The somatosensory cortex is located in the postcentral gyrus rostral or anterior to the sensory association cortex and caudal or inferior to the primary motor cortex. It is comprised of Brodmann areas three, one, and two. It is somatotopically arranged into what we call the sensory homunculus. This picture illustrates nicely that information from different parts of the body is carried to different parts of the somatosensory cortex for processing. For example, sensation from the feet is carried through the fasciculus gracilis to the medial aspect of the cortex, while information from the hands comes through the fasciculus cuneatus to this area here on the anterolateral aspect.
And that’s pretty much it when it comes to the posterior column - medial lemniscus. I hope the name makes a bit more sense now, too.
Before we wrap up, we, of course, have to take a little look at the clinical relevance of the PCML.
One of the most important conditions we can talk about in relation to the nervous system is, of course, an autoimmune disorder called multiple sclerosis, or simply MS. All the neurons in the white matter tracts of the CNS are myelinated. MS affects these and many other white matter tracts by breaking down the myelin surrounding the axons which in turn results in a reduction or complete loss of myelin, and as the disease progresses, the breakdown of the axons themselves. When the myelin covering is compromised, a neuron can no longer effectively conduct electrical signals along its length.
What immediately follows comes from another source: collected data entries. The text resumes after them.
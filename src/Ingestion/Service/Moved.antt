-- ===== src/Ingestion/Service/Moved.antt =====
-- What the transitions of a run leave in the database (internal/application/ingestion/service.go).
use cross_border_ecommerce.Base.{
  ℕ, ◌≡◌, refl, sym, ap, ◌∙◌, subst, ◌⊎◌, inl, inr, Bool, true, false, ◌||◌, [], ◌∷◌, Option, none,
  some, if◌then◌else◌, Bool-cases, Text, trim_space, is_blank, Error, Result, ok, err, ok-injective,
  false-ne-true, invalid_transition, Fault, works, fails, loses,
}
use cross_border_ecommerce.Ingestion.Run.{
  RunStatus, running, IngestionRun, processable, complete, advance,
}
use cross_border_ecommerce.Ingestion.Service.{
  Store, Transition, settled, statement, update_status, restated, status_eq, kept_checkpoint,
  find_run, write_transition, apply_transition, transition_run, complete_run,
}

-- A run in progress that is not queued.
pub record IsOpen (r : IngestionRun) (s : Store) : Type 0 where
  pub row : s.run ≡ some r
  pub active : r.status ≡ running
  pub unqueued : s.queued ≡ false

-- What a transition leaves: the records, and a run with its counters and its checkpoint, that is queued
-- exactly if it can be processed, which is for a source that has no more.
pub record IsMoved (drained : Bool) (r : IngestionRun) (s s' : Store) : Type 0 where
  pub left : IngestionRun
  pub saved : s'.saved ≡ s.saved
  pub row : s'.run ≡ some left
  pub checkpoint : (left.checkpoint ≡ r.checkpoint) ⊎ (left.checkpoint ≡ trim_space r.checkpoint)
  pub metrics : left.metrics ≡ r.metrics
  pub queued : s'.queued ≡ processable left.status
  pub exhausted : processable left.status ≡ true → drained ≡ true

pub running-unprocessable : processable running ≡ false
unfolding processable
running-unprocessable = refl

pub unmoved : {drained : Bool} (r : IngestionRun) (s : Store) → IsOpen r s → IsMoved drained r s s
unmoved r s o = record {
  left = r;
  saved = refl;
  row = o.row;
  checkpoint = inl refl;
  metrics = refl;
  queued = o.unqueued ∙ sym (ap processable o.active ∙ running-unprocessable);
  exhausted =
      λ h. absurd (false-ne-true (sym (ap processable o.active ∙ running-unprocessable) ∙ h));
}

-- The checkpoint that a transition of the run asks for.
abbrev KeepsCheckpoint : IngestionRun → IngestionRun → Type 0
KeepsCheckpoint r next =
    (next.checkpoint ≡ r.checkpoint) ⊎ (next.checkpoint ≡ trim_space r.checkpoint)

pub kept-cases :
    (old next : Text)
    → (next ≡ old) ⊎ (next ≡ trim_space old)
    → (kept_checkpoint old next ≡ old) ⊎ (kept_checkpoint old next ≡ trim_space old)
kept-cases old [] h = inl refl
kept-cases old (c ∷ cs) h = h

or-false : (b c : Bool) → c ≡ false → b || c ≡ b
or-false true c h = refl
or-false false c h = h

restated-IsMoved :
    (r next : IngestionRun) (s : Store)
    → IsOpen r s
    → KeepsCheckpoint r next
    → IsMoved true r s
        (record s { run = some (restated next r); queued = processable next.status || s.queued })
restated-IsMoved r next s o k = record {
  left = restated next r;
  saved = refl;
  row = refl;
  checkpoint = kept-cases r.checkpoint next.checkpoint k;
  metrics = refl;
  queued = or-false (processable next.status) s.queued o.unqueued;
  exhausted = λ h. refl;
}

status_eq-running : (a : RunStatus) → a ≡ running → status_eq a a ≡ true
status_eq-running a e = rw e

update_status-some :
    (r next : IngestionRun) (s : Store)
    → r.status ≡ running
    → update_status next r.status s (some r)
      ≡ ok (record s { run = some (restated next r); queued = processable next.status || s.queued })
unfolding update_status
update_status-some r next s e =
    ap
      (λ b.
        if b
        then ok (record s {
          run = some (restated next r);
          queued = processable next.status || s.queued;
        })
        else err invalid_transition)
      (status_eq-running r.status e)

update_status-ok :
    (r next : IngestionRun) (s : Store)
    → IsOpen r s
    → update_status next r.status s s.run
      ≡ ok (record s { run = some (restated next r); queued = processable next.status || s.queued })
update_status-ok r next s o =
    subst
      (λ run.
        update_status next r.status s run
        ≡ ok (record s {
          run = some (restated next r);
          queued = processable next.status || s.queued;
        }))
      (sym o.row) (update_status-some r next s o.active)

pub settled-IsMoved :
    {drained : Bool} (fault : Fault) (r : IngestionRun) (s s' : Store)
    → IsMoved drained r s s
    → IsMoved drained r s s'
    → IsMoved drained r s (settled fault s (ok s')).1
unfolding settled
settled-IsMoved works r s s' m m' = m'
settled-IsMoved (fails e) r s s' m m' = m
settled-IsMoved (loses n) r s s' m m' = m'

write_transition-IsMoved :
    (x : Transition) (r : IngestionRun) (result : Result IngestionRun) (s : Store)
    → IsOpen r s
    → ((next : IngestionRun) → result ≡ ok next → KeepsCheckpoint r next)
    → IsMoved true r s (write_transition x r result s).1
unfolding write_transition statement
write_transition-IsMoved x r (err e) s o k = unmoved r s o
write_transition-IsMoved x r (ok next) s o k = rw (update_status-ok r next s o) (
    settled-IsMoved x.update_fault r s _ (unmoved r s o)
      (restated-IsMoved r next s o (k next refl)))

transition_run-IsMoved :
    (x : Transition) (apply : ℕ → IngestionRun → Result IngestionRun) (r : IngestionRun) (s : Store)
    → IsOpen r s
    → ((next : IngestionRun) → apply x.time r ≡ ok next → KeepsCheckpoint r next)
    → IsMoved true r s (transition_run x apply s).1
unfolding transition_run
transition_run-IsMoved x apply r s o k = found_lem x.find_fault
  where
    found_lem :
        (fault : Option Error)
        → IsMoved true r s (apply_transition x apply (find_run fault s.run) s).1
    found_lem (some e) = unfold apply_transition in unmoved r s o
    found_lem none =
        subst (λ run. IsMoved true r s (apply_transition x apply (find_run none run) s).1)
          (sym o.row)
          (unfold apply_transition in write_transition-IsMoved x r (apply x.time r) s o k)

if_ok' : {x y : IngestionRun} (e : Error) (b : Bool) → (if b then ok x else err e) ≡ ok y → x ≡ y
if_ok' e true h = ok-injective h
if_ok' e false h = cc

advance-cases : (cp : Text) → (advance cp cp ≡ cp) ⊎ (advance cp cp ≡ trim_space cp)
advance-cases cp = elim (Bool-cases (is_blank cp)) [ inl b ↦ inl (rw b) | inr b ↦ inr (rw b) ]

pub complete_run-IsMoved :
    (x : Transition) (r : IngestionRun) (s : Store)
    → IsOpen r s
    → IsMoved true r s (complete_run x r.checkpoint s).1
unfolding complete_run complete
complete_run-IsMoved x r s o =
    transition_run-IsMoved x (complete r.checkpoint) r s o
      (λ next h. subst (KeepsCheckpoint r) (if_ok' _ _ h) (advance-cases r.checkpoint))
Let’s consider a unilateral lesion in the left side of the posterior column at the L4 vertebral level. Can you work out what the sensory deficit would be if a sclerotic lesion was to occur here? Which one would be affected, the ipsilateral or the contralateral side of the body?
To work this out, let’s first think about the root of the first order neuron. It travels on the same side of the spinal cord as the source of the sensation the whole way to the brainstem. So, then we can conclusively say that a lesion at the level of L4 would cause a loss of perception on the ipsilateral or same side because sensation wouldn’t be transmitted due to the lesion. The areas of sensory deficit would be localized to some or all of the L4 to S5 dermatomes, just in case you’re curious.
A sclerotic lesion can affect any white matter of the central nervous system, be it in the brain or the spinal cord. So, what about a lesion in the internal capsule? What side of the body is going to be affected now? If you guessed the contralateral side, you would be correct. The pathway has decussated by the time it reaches the internal capsule and, therefore, a lesion on the left side of the brain would be affecting the sensation from the right side of the body.
That wraps up our tutorial. But just to make sure we got all of our heads around the extent of this pathway, let’s run it through again.
So, we started off in the peripheral nervous system with the sensory receptors of the skin, muscles, and tendons that are recording vibration, proprioception, fine touch, and pressure. An action potential is initiated here in response to stimuli, travels along the first order neuron and enters the spinal cord via the posterior root of the gray matter. This same neuron enters the dorsal column of the white matter and ascends the spinal cord in either the fasciculus gracilis if it is coming from the lower limb or the fasciculus cuneatus if it is coming from the upper limb or trunk.
The first order neuron ascends to the caudal brainstem where it synapses with the second order neuron in the gracile and cuneate nuclei of the medulla oblongata. The second order neuron starts in these nuclei and moves anteriorly through the medial oblongata as the internal arcuate fibers before decussating and entering the contralateral medial lemniscus. It ascends within the medial lemniscus to the ventral posterolateral nucleus of the thalamus where it synapses with the third order neuron.
This short third order neuron travels from the thalamus through the internal capsule into the corona radiata and on to the appropriate part of the somatosensory cortex. To finish up our tutorial, we had a look at how multiple sclerosis would affect the PCML at different levels along its pathway.